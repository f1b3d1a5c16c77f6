-- ===== src/Scoped/Examples.antt =====
-- The theorems on scoped objects at a concrete service and two fibers.
use ignis.Shared.{
  ℕ, ◌≡◌, refl, inl, All, List, [], ◌∷◌, some, lookup, insert, remove, UniqueKeys, arith,
}
use ignis.Scoped.{Scoped, row, on_switch, swap_all, swap_slots, swap_tables}
use ignis.Scoped.Rows.{next_slots, next_row, on_switch-refines}
use ignis.Scoped.Events.{assigns, seals, clears, Event, runs, World, happen, run}
use ignis.Scoped.Return.{Allowed, Owns, own_values_return}

-- The service 3 was made in {main} and sealed, and the service 4 is another.
abbrev sealed : Scoped
sealed = record {
  live = (3, some 10 ∷ []) ∷ (4, some 1 ∷ some 2 ∷ []) ∷ [];
  tables = (0, (3, some 10 ∷ []) ∷ []) ∷ [];
}

sealed-UniqueKeys : UniqueKeys sealed.live
sealed-UniqueKeys = ((λ e. ground (arith, e), tt), (tt, tt))

-- The fiber 500 inherits what the constructor wrote.
inherits : lookup 3 (on_switch 0 500 sealed).live ≡ some (some 10 ∷ [])
unfolding on_switch swap_all swap_slots swap_tables lookup insert remove
inherits = refl

on_switch-refines_example :
    (lookup 3 (on_switch 0 500 sealed).live
      ≡ some (next_slots 0 500 (some 10 ∷ []) (λ (i : ℕ). row i 3 sealed.tables)))
    × (row 0 3 (on_switch 0 500 sealed).tables
        ≡ next_row 0 500 (some 10 ∷ []) (λ (i : ℕ). row i 3 sealed.tables) 0)
unfolding lookup
on_switch-refines_example =
    on_switch-refines 0 500 0 3 (some 10 ∷ []) sealed sealed-UniqueKeys (λ e. ground (arith, e))
      refl

-- The fiber 500 has written 77 to the service.
abbrev in_request : World
in_request = record { current = 500; scoped = record sealed { live = (3, some 77 ∷ []) ∷ [] } }

abbrev other_requests : List Event
other_requests =
    runs 600 (assigns 3 (some 88 ∷ []) ∷ seals 3 ∷ clears ∷ [])
    ∷ runs 0 (assigns 3 (some 99 ∷ []) ∷ [])
    ∷ []

other_requests-Allowed : All (Allowed 500 3) other_requests
other_requests-Allowed = (
  (inl (λ e. ground (arith, e)), (tt, ((λ e. ground (arith, e)), tt))),
  ((inl (λ e. ground (arith, e)), tt), tt),
)

in_request-Owns : Owns 500 3 (some 77 ∷ []) 500 in_request.scoped
unfolding lookup
in_request-Owns = record {
  unique = (tt, tt);
  alive = λ e. ground (arith, e);
  kept = inl (refl, refl);
}

own_values_return_example :
    lookup 3 (happen (runs 500 []) (run other_requests in_request)).scoped.live
    ≡ some (some 77 ∷ [])
own_values_return_example =
    own_values_return 500 3 (some 77 ∷ []) other_requests in_request (λ e. ground (arith, e))
      other_requests-Allowed in_request-Owns
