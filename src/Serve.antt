-- ===== src/Serve.antt =====
-- crates/ignis/src/http.rs: one request on a connection, from `handle` to the end of its body. hyper
-- polls and drops, the PHP thread calls the reactor; the two alternate in any order.
pub mod Kept
pub mod Answered
pub mod Steps
pub mod Owed
mod Examples
use ignis.Shared.{
  ℕ, ◌≡◌, refl, Bool, true, false, not, List, [], ◌∷◌, Option, none, some, Bytes, codes, same_text,
  lookup, if◌then◌else◌,
}
use ignis.Reactor.{
  Answer, whole, streaming, grpc, HttpRequest, HttpResponse, ResponseBody, full, stream, Reactor,
}
use ignis.Reactor.Answers.{deliver_request_with_id, cancel_request, drop_receiver, stream_sender}
use ignis.Reactor.Calls.{Call, apply}

-- The reactor is the one that the exchange is with.
pub record CancelOnDrop : Type 0 where
  pub id : ℕ
  pub answered : Bool

-- `now` is the instant of the drop.
unfoldable pub drop_guard : CancelOnDrop → (now : ℕ) → Reactor → Reactor
drop_guard guard now r = if guard.answered then r else cancel_request r guard.id now

-- What `Limited` makes of the frames of the body.
pub data Collected : Type 0 where
  whole_body : Bytes → Collected
  length_limit broken : Collected

pub data CollectedBody : Type 0 where
  taken : Bytes → CollectedBody
  refused_body : (status : ℕ) → (message : Bytes) → CollectedBody

unfoldable pub collect_body : Collected → CollectedBody
collect_body (whole_body bytes) = taken bytes
collect_body length_limit = refused_body 413 (codes "request body too large\n")
collect_body broken = refused_body 400 (codes "bad request body\n")

-- A body that is sent on: all of it, or the chunks of PHP, which keep the guard.
pub data Body : Type 0 where
  plain : Bytes → Body
  channel_body : CancelOnDrop → Body

pub record Response : Type 0 where
  pub status : ℕ
  pub headers : List (Bytes × Bytes)
  pub body : Body

unfoldable pub simple : (status : ℕ) → (message : Bytes) → Response
simple status message = record {
  status = status;
  headers = (codes "content-type", codes "text/plain") ∷ [];
  body = plain message;
}

pub data Handled : Type 0 where
  health_report metrics_report grpc_call : Handled
  refused : Response → Handled
  awaits : CancelOnDrop → Handled

-- The part of `handle` that is for PHP, up to its await.
unfoldable pub handle_php :
    (method uri : Bytes) → List (Bytes × Bytes) → Collected → Reactor → Reactor × Handled
unfolding collect_body simple
handle_php method uri headers body r = elim (collect_body body) [
  | refused_body status message ↦ (r, refused (simple status message))
  | taken bytes ↦
      let (delivered, id) =
        deliver_request_with_id r
          (record { method = method; uri = uri; headers = headers; body = bytes }) in
      (delivered, awaits (record { id = id; answered = false }))
]

-- `handle` up to its await. Whether the request is gRPC is read off its content type.
unfoldable pub handle :
    (path : Bytes)
    → (is_grpc : Bool) → (method uri : Bytes) → List (Bytes × Bytes)
    → Collected
    → Reactor
    → Reactor × Handled
unfolding handle_php
handle path is_grpc method uri headers body r =
    if same_text path (codes "/_ignis/health")
    then (r, health_report)
    else if same_text path (codes "/_ignis/metrics")
    then (r, metrics_report)
    else if is_grpc
    then (r, grpc_call)
    else handle_php method uri headers body r

unfoldable pub disarmed_for_this_answer : (streamed : Bool) → Bool
disarmed_for_this_answer streamed = not streamed

abbrev pub is_stream : ResponseBody → Bool
is_stream (full bytes) = false
is_stream (stream bound) = true

-- Where a header cannot be sent, the builder drops the body, and a guard with it.
unfoldable pub php_response :
    (valid : Bool) → HttpResponse → CancelOnDrop → (now : ℕ) → Reactor → Reactor × Response
unfolding drop_guard simple
php_response valid resp guard now r =
    let bad = simple 500 (codes "bad response headers\n") in
    elim resp.body [
      | full bytes ↦ (
        drop_guard guard now r,
        if valid
            then record { status = resp.status; headers = resp.headers; body = plain bytes }
            else bad,
      )
      | stream bound ↦
          if valid
          then (
            r,
            record { status = resp.status; headers = resp.headers; body = channel_body guard },
          )
          else (drop_guard guard now r, bad)
    ]

-- `handle` after its await: the response, or none where the sender was dropped.
unfoldable pub answer :
    (valid : Bool) → Option HttpResponse → CancelOnDrop → (now : ℕ) → Reactor → Reactor × Response
unfolding disarmed_for_this_answer php_response simple
answer valid (some resp) guard now r =
    php_response valid resp
      (record guard { answered = disarmed_for_this_answer (is_stream resp.body) }) now
      (drop_receiver r guard.id)
answer valid none guard now r =
    (drop_receiver r guard.id, simple 500 (codes "no response from php\n"))

pub data Exchange : Type 0 where
  waiting : CancelOnDrop → Exchange
  sending : Body → Exchange
  over : Exchange

-- What hyper does: it polls the future of the request, or the body, or drops either. `closed` says
-- that no clone of the chunks' sender is left.
pub data Event : Type 0 where
  polls_request : (valid : Bool) → Event
  polls_body : (closed : Bool) → Event
  hangs_up : Event

-- The oneshot's sender is there while the answer is owed as a whole.
abbrev pub has_responder : ℕ → Reactor → Bool
has_responder id r = elim (lookup id r.answers) [
  | some whole ↦ true
  | some streaming ↦ false
  | some grpc ↦ false
  | none ↦ false
]

unfoldable pub poll_request :
    (valid : Bool) → (now : ℕ) → CancelOnDrop → Reactor → Reactor × Exchange
unfolding answer
poll_request valid now guard r = elim (r.channels guard.id).response [
  | some resp ↦
      let (after, response) = answer valid (some resp) guard now r in (after, sending response.body)
  | none ↦
      let (after, response) = answer valid none guard now r in
      if has_responder guard.id r then (r, waiting guard) else (after, sending response.body)
]

-- The end of the chunks is seen when no sender is left.
unfoldable pub poll_frame : (closed : Bool) → CancelOnDrop → Reactor → CancelOnDrop
poll_frame closed guard r =
    if stream_sender r guard.id
    then guard
    else if closed
    then record guard { answered = true }
    else guard

unfoldable pub drop_exchange : (now : ℕ) → Exchange → Reactor → Reactor
unfolding drop_guard
drop_exchange now (waiting guard) r = drop_receiver (drop_guard guard now r) guard.id
drop_exchange now (sending (plain bytes)) r = r
drop_exchange now (sending (channel_body guard)) r = drop_guard guard now r
drop_exchange now over r = r

unfoldable pub happen : Event → (now : ℕ) → Reactor × Exchange → Reactor × Exchange
unfolding poll_request poll_frame drop_exchange
happen (polls_request valid) now (r, waiting guard) = poll_request valid now guard r
happen (polls_body closed) now (r, sending (channel_body guard)) =
    (r, sending (channel_body (poll_frame closed guard r)))
happen hangs_up now (r, exchange) = (drop_exchange now exchange r, over)
happen _ now w = w

-- The PHP thread and other requests call the reactor, and hyper moves the exchange.
pub data Move : Type 0 where
  calls : Call → Move
  moves : Event → (now : ℕ) → Move

unfoldable pub run : List Move → Reactor × Exchange → Reactor × Exchange
unfolding happen
run [] w = w
run (calls c ∷ rest) (r, exchange) = run rest (apply r c, exchange)
run (moves event now ∷ rest) w = run rest (happen event now w)
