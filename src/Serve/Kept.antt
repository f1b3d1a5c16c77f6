-- ===== src/Serve/Kept.antt =====
-- crates/ignis/src/http.rs over reactor.rs: what is kept of what the reactor owes to an exchange.
use ignis.Shared.{
  ℕ, ◌+◌, ◌<◌, ◌≡◌, ◌≢◌, refl, sym, ap, ◌∙◌, inl, inr, true, false, Option, none, some, Bytes,
  lookup, arith, u64_mod, Bool-cases,
}
use ignis.Reactor.{Answer, whole, streaming, grpc, Reactor}
use ignis.Reactor.Answers.{cancel_request, drop_receiver}
use ignis.Reactor.Calls.{Call, apply, delivers, delivers_stream, cancels, leaves}
use ignis.Reactor.Answers.Invariant.{Inv, apply-Inv}
use ignis.Reactor.Answers.Transitions.{next_state, apply-next_state}
use ignis.Reactor.Answers.Lifecycle.{next_state-none}
use ignis.Serve.{CancelOnDrop, drop_guard, plain, channel_body, Exchange, waiting, sending, over}

-- What the reactor may owe to the request while the exchange stands here.
abbrev pub Owes : ℕ → Exchange → Reactor → Type 0
Owes id (waiting guard) r =
    (guard.id ≡ id) × (guard.answered ≡ false) × (lookup id r.answers ≢ some grpc)
Owes id (sending (plain bytes)) r = lookup id r.answers ≡ none
Owes id (sending (channel_body guard)) r =
    (guard.id ≡ id)
    × (lookup id r.answers ≢ some grpc)
    × (lookup id r.answers ≢ some whole)
    × (guard.answered ≡ true → lookup id r.answers ≡ none)
Owes id over r = lookup id r.answers ≡ none

pub record Kept (id : ℕ) (w : Reactor × Exchange) : Type 0 where
  pub inv : Inv w.0
  pub given : id < w.0.next_id
  pub owes : Owes id w.1 w.0

pub absurd_none : {a : Answer} → ◌≢◌ {A = Option Answer} none (some a)
absurd_none e = ground (arith, e)

pub next_state-not_grpc :
    (r : Reactor) (c : Call) (j : ℕ) (s : Option Answer)
    → j < r.next_id
    → s ≢ some grpc
    → next_state r c j s ≢ some grpc
unfolding next_state
next_state-not_grpc r c j none l n e = elim (absurd_none (sym (next_state-none r c j l) ∙ e)) [ ]
next_state-not_grpc r c j (some grpc) l n e = n refl
next_state-not_grpc r (delivers_stream req) j (some whole) l n e = ground (arith, e, l)
next_state-not_grpc r (delivers_stream req) j (some streaming) l n e = ground (arith, e, l)
next_state-not_grpc r _ j (some whole) l n e = ground (arith, e, l)
next_state-not_grpc r _ j (some streaming) l n e = ground (arith, e, l)

pub next_state-not_whole :
    (r : Reactor) (c : Call) (j : ℕ) (s : Option Answer)
    → j < r.next_id
    → s ≢ some whole
    → next_state r c j s ≢ some whole
unfolding next_state
next_state-not_whole r c j none l n e = elim (absurd_none (sym (next_state-none r c j l) ∙ e)) [ ]
next_state-not_whole r c j (some whole) l n e = n refl
next_state-not_whole r (delivers req) j (some grpc) l n e = ground (arith, e, l)
next_state-not_whole r (delivers req) j (some streaming) l n e = ground (arith, e, l)
next_state-not_whole r _ j (some grpc) l n e = ground (arith, e, l)
next_state-not_whole r _ j (some streaming) l n e = ground (arith, e, l)

pub call-none :
    (id : ℕ) (r : Reactor) (c : Call)
    → Inv r
    → id < r.next_id
    → lookup id r.answers ≡ none
    → lookup id (apply r c).answers ≡ none
call-none id r c v l e = apply-next_state r c id v.connected ∙ rw e (next_state-none r c id l)

pub call-Owes :
    (id : ℕ) (exchange : Exchange) (r : Reactor) (c : Call)
    → Inv r
    → id < r.next_id
    → Owes id exchange r
    → Owes id exchange (apply r c)
call-Owes id (waiting guard) r c v l (i, a, n) = (
  i,
  a,
  λ e.
      next_state-not_grpc r c id (lookup id r.answers) l n
        (sym (apply-next_state r c id v.connected) ∙ e),
)
call-Owes id (sending (plain bytes)) r c v l e = call-none id r c v l e
call-Owes id (sending (channel_body guard)) r c v l (i, n, m, a) = (
  i,
  λ e.
      next_state-not_grpc r c id (lookup id r.answers) l n
        (sym (apply-next_state r c id v.connected) ∙ e),
  λ e.
      next_state-not_whole r c id (lookup id r.answers) l m
        (sym (apply-next_state r c id v.connected) ∙ e),
  λ e. call-none id r c v l (a e),
)
call-Owes id over r c v l e = call-none id r c v l e

pub cancel-Inv :
    (r : Reactor) (id now : ℕ) → r.next_id + 1 < u64_mod → Inv r → Inv (cancel_request r id now)
unfolding apply
cancel-Inv r id now l v = apply-Inv r (cancels id now) l v

pub leave-Inv : (r : Reactor) (id : ℕ) → r.next_id + 1 < u64_mod → Inv r → Inv (drop_receiver r id)
unfolding apply
leave-Inv r id l v = apply-Inv r (leaves id) l v

pub cancel-next_id : (r : Reactor) (id now : ℕ) → (cancel_request r id now).next_id ≡ r.next_id
unfolding cancel_request
cancel-next_id r id now = ground arith

pub leave-next_id : (r : Reactor) (id : ℕ) → (drop_receiver r id).next_id ≡ r.next_id
unfolding drop_receiver
leave-next_id r id = refl

pub leave-answers : (r : Reactor) (id : ℕ) → (drop_receiver r id).answers ≡ r.answers
unfolding drop_receiver
leave-answers r id = refl

pub cancel-none :
    (r : Reactor) (id now : ℕ)
    → r.connected ≡ true
    → lookup id (cancel_request r id now).answers ≡ none
unfolding apply next_state
cancel-none r id now k = apply-next_state r (cancels id now) id k ∙ ground arith

-- The reactor after a guard is dropped.
pub guard-Kept :
    (id now : ℕ) (guard : CancelOnDrop) (r : Reactor)
    → r.next_id + 1 < u64_mod
    → Inv r
    → id < r.next_id
    → guard.id ≡ id
    → (guard.answered ≡ true → lookup id r.answers ≡ none)
    → Kept id (drop_guard guard now r, over)
unfolding drop_guard
guard-Kept id now guard r l v g i a = elim (Bool-cases guard.answered) [
  | inl y ↦ rw (y, drop_guard) (record { inv = v; given = g; owes = a y })
  | inr z ↦
      rw (z, i, drop_guard)
        (record {
          inv = cancel-Inv r id now l v;
          given = omega (arith, g, cancel-next_id r id now);
          owes = cancel-none r id now v.connected;
        })
]

pub left-Kept :
    (id j : ℕ) (r : Reactor)
    → r.next_id + 1 < u64_mod
    → Kept id (r, over)
    → Kept id (drop_receiver r j, over)
left-Kept id j r l k = record {
  inv = leave-Inv r j l k.inv;
  given = omega (arith, k.given, leave-next_id r j);
  owes = ap (lookup id) (leave-answers r j) ∙ k.owes;
}

-- A body that owes nothing stands like an exchange that is over.
pub plain-Kept :
    (id : ℕ) (bytes : Bytes) (r : Reactor) → Kept id (r, over) → Kept id (r, sending (plain bytes))
plain-Kept id bytes r k = record { inv = k.inv; given = k.given; owes = k.owes }
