-- ===== src/Serve/Answered.antt =====
-- crates/ignis/src/http.rs over reactor.rs: an exchange whose request is answered.
use ignis.Shared.{
  ℕ, ◌+◌, ◌<◌, ◌≡◌, ◌≢◌, refl, sym, ap, subst, ◌∙◌, ◌⊎◌, inl, inr, Bool, true, false, Option, none,
  some, Bytes, lookup, arith, u64_mod, Bool-cases, Option-cases, codes,
}
use ignis.Reactor.{
  Answer, whole, streaming, grpc, HttpResponse, ResponseBody, full, stream, Reactor,
}
use ignis.Reactor.Answers.{drop_receiver}
use ignis.Reactor.Answers.Invariant.{Inv, Agrees, IsStream}
use ignis.Serve.{
  CancelOnDrop, drop_guard, waiting, sending, over, answer, php_response, poll_request,
  has_responder, disarmed_for_this_answer, is_stream,
}
use ignis.Serve.Kept.{
  Kept, absurd_none, leave-Inv, leave-next_id, leave-answers, guard-Kept, left-Kept, plain-Kept,
}

pub body-cases :
    (b : ResponseBody) → ((bytes : Bytes) × (b ≡ full bytes)) ⊎ ((bound : ℕ) × (b ≡ stream bound))
body-cases (full bytes) = inl (bytes, refl)
body-cases (stream bound) = inr (bound, refl)

abbrev pub StreamBody : ResponseBody → Type 0
StreamBody (full bytes) = ⊥
StreamBody (stream bound) = Unit

pub true_not_false : true ≢ false
true_not_false e = ground (arith, e)

pub not_full : (resp : HttpResponse) → is_stream resp.body ≡ false → ¬ IsStream (some resp)
not_full resp b i = elim (body-cases resp.body) [
  | inl (bytes, q) ↦ subst StreamBody q i
  | inr (bound, q) ↦ true_not_false (ap is_stream (sym q) ∙ b)
]

-- An id whose client was sent a response, and that is no gRPC call: it is not owed an answer as a
-- whole, and nothing at all where the response has its whole body.
pub responded :
    (id : ℕ) (r : Reactor) (resp : HttpResponse)
    → Inv r
    → (r.channels id).response ≡ some resp
    → lookup id r.answers ≢ some grpc
    → (lookup id r.answers ≢ some whole)
      × (is_stream resp.body ≡ false → lookup id r.answers ≡ none)
responded id r resp v e n = elim (Option-cases (lookup id r.answers)) [
  | inl q ↦ ((λ f. absurd_none (sym q ∙ f)), λ _. q)
  | inr (whole, q) ↦
      let told = subst (λ (s : Option Answer). Agrees s (r.channels id)) q (v.agrees id) in
      let absurd : ⊥ = ground (arith, e, told.0) in elim absurd [ ]
  | inr (streaming, q) ↦
      let told = subst (λ (s : Option Answer). Agrees s (r.channels id)) q (v.agrees id) in
      let streams : IsStream (some resp) = subst IsStream e told.0 in
      ((λ f. ground (arith, q, f)), λ b. elim (not_full resp b streams) [ ])
  | inr (grpc, q) ↦ elim (n q) [ ]
]

pub not_waiting :
    (id : ℕ) (r : Reactor)
    → Inv r
    → (r.channels id).response ≡ none
    → lookup id r.answers ≢ some grpc
    → has_responder id r ≡ false
    → lookup id r.answers ≡ none
not_waiting id r v e n h = elim (Option-cases (lookup id r.answers)) [
  | inl q ↦ q
  | inr (whole, q) ↦ ground (arith, q, h)
  | inr (streaming, q) ↦
      let told = subst (λ (s : Option Answer). Agrees s (r.channels id)) q (v.agrees id) in
      elim (subst IsStream e told.0) [ ]
  | inr (grpc, q) ↦ elim (n q) [ ]
]

pub disarmed-full :
    (resp : HttpResponse)
    → disarmed_for_this_answer (is_stream resp.body) ≡ true
    → is_stream resp.body ≡ false
unfolding disarmed_for_this_answer
disarmed-full resp y = ground (arith, y)

pub answered-Kept :
    (id now : ℕ) (valid : Bool) (guard : CancelOnDrop) (resp : HttpResponse) (r : Reactor)
    → r.next_id + 1 < u64_mod
    → Kept id (r, waiting guard)
    → (r.channels id).response ≡ some resp
    → let (after, response) = answer valid (some resp) guard now r in
      Kept id (after, sending response.body)
unfolding answer php_response disarmed_for_this_answer
answered-Kept id now valid guard resp r l k e =
    let (i, a, n) = k.owes in
    let (m, free) = responded id r resp k.inv e n in
    let left : Reactor = drop_receiver r guard.id in
    let same : left.answers ≡ r.answers = leave-answers r guard.id in
    let inv : Inv left = leave-Inv r guard.id l k.inv in
    let given : id < left.next_id = omega (arith, k.given, leave-next_id r guard.id) in
    let disarmed : CancelOnDrop = record guard {
      answered = disarmed_for_this_answer (is_stream resp.body);
    } in
    let done : disarmed.answered ≡ true → lookup id left.answers ≡ none =
      λ y. ap (lookup id) same ∙ free (disarmed-full resp y) in
    let guarded : Kept id (drop_guard disarmed now left, over) =
      guard-Kept id now disarmed left (omega (arith, l, leave-next_id r guard.id)) inv given i
        done in
    elim (body-cases resp.body) [
      | inl (bytes, q) ↦ elim (Bool-cases valid) [
        | inl y ↦
            rw (q, y, answer, php_response, disarmed_for_this_answer)
              (plain-Kept id bytes _ guarded)
        | inr z ↦
            rw (q, z, answer, php_response, disarmed_for_this_answer)
              (plain-Kept id (codes "bad response headers\n") _ guarded)
      ]
      | inr (bound, q) ↦ elim (Bool-cases valid) [
        | inl y ↦
            rw (q, y, answer, php_response, disarmed_for_this_answer)
              (record {
                inv = inv;
                given = given;
                owes = (
                  i,
                  (λ f. n (sym (ap (lookup id) same) ∙ f)),
                  (λ f. m (sym (ap (lookup id) same) ∙ f)),
                  done,
                );
              })
        | inr z ↦
            rw (q, z, answer, php_response, disarmed_for_this_answer)
              (plain-Kept id (codes "bad response headers\n") _ guarded)
      ]
    ]

pub poll_request-Kept :
    (id now : ℕ) (valid : Bool) (guard : CancelOnDrop) (r : Reactor)
    → r.next_id + 1 < u64_mod
    → Kept id (r, waiting guard)
    → Kept id (poll_request valid now guard r)
unfolding poll_request
poll_request-Kept id now valid guard r l k =
    let (i, a, n) = k.owes in
    elim (Option-cases (r.channels guard.id).response) [
      | inr (resp, q) ↦
          rw (q, poll_request)
            (answered-Kept id now valid guard resp r l k
              (ap (λ (j : ℕ). (r.channels j).response) (sym i) ∙ q))
      | inl q ↦ elim (Bool-cases (has_responder guard.id r)) [
        | inl y ↦ rw (q, y, poll_request) k
        | inr z ↦
            rw (q, z, poll_request)
              (plain-Kept id (codes "no response from php\n") _ (
                left-Kept id guard.id r l (record {
                  inv = k.inv;
                  given = k.given;
                  owes =
                      not_waiting id r k.inv (ap (λ (j : ℕ). (r.channels j).response) (sym i) ∙ q) n
                        (ap (λ (j : ℕ). has_responder j r) (sym i) ∙ z);
                })))
      ]
    ]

.....

PROBLEM REQUIREMENTS:
Search the records for the word "then" and copy every line where it occurs.

RESPONSE:
  lookup, if◌then◌else◌,
drop_guard guard now r = if guard.answered then r else cancel_request r guard.id now
    then (r, health_report)
    then (r, metrics_report)
    then (r, grpc_call)
            then record { status = resp.status; headers = resp.headers; body = plain bytes }
          then (
      if has_responder guard.id r then (r, waiting guard) else (after, sending response.body)
    then guard
    then record guard { answered = true }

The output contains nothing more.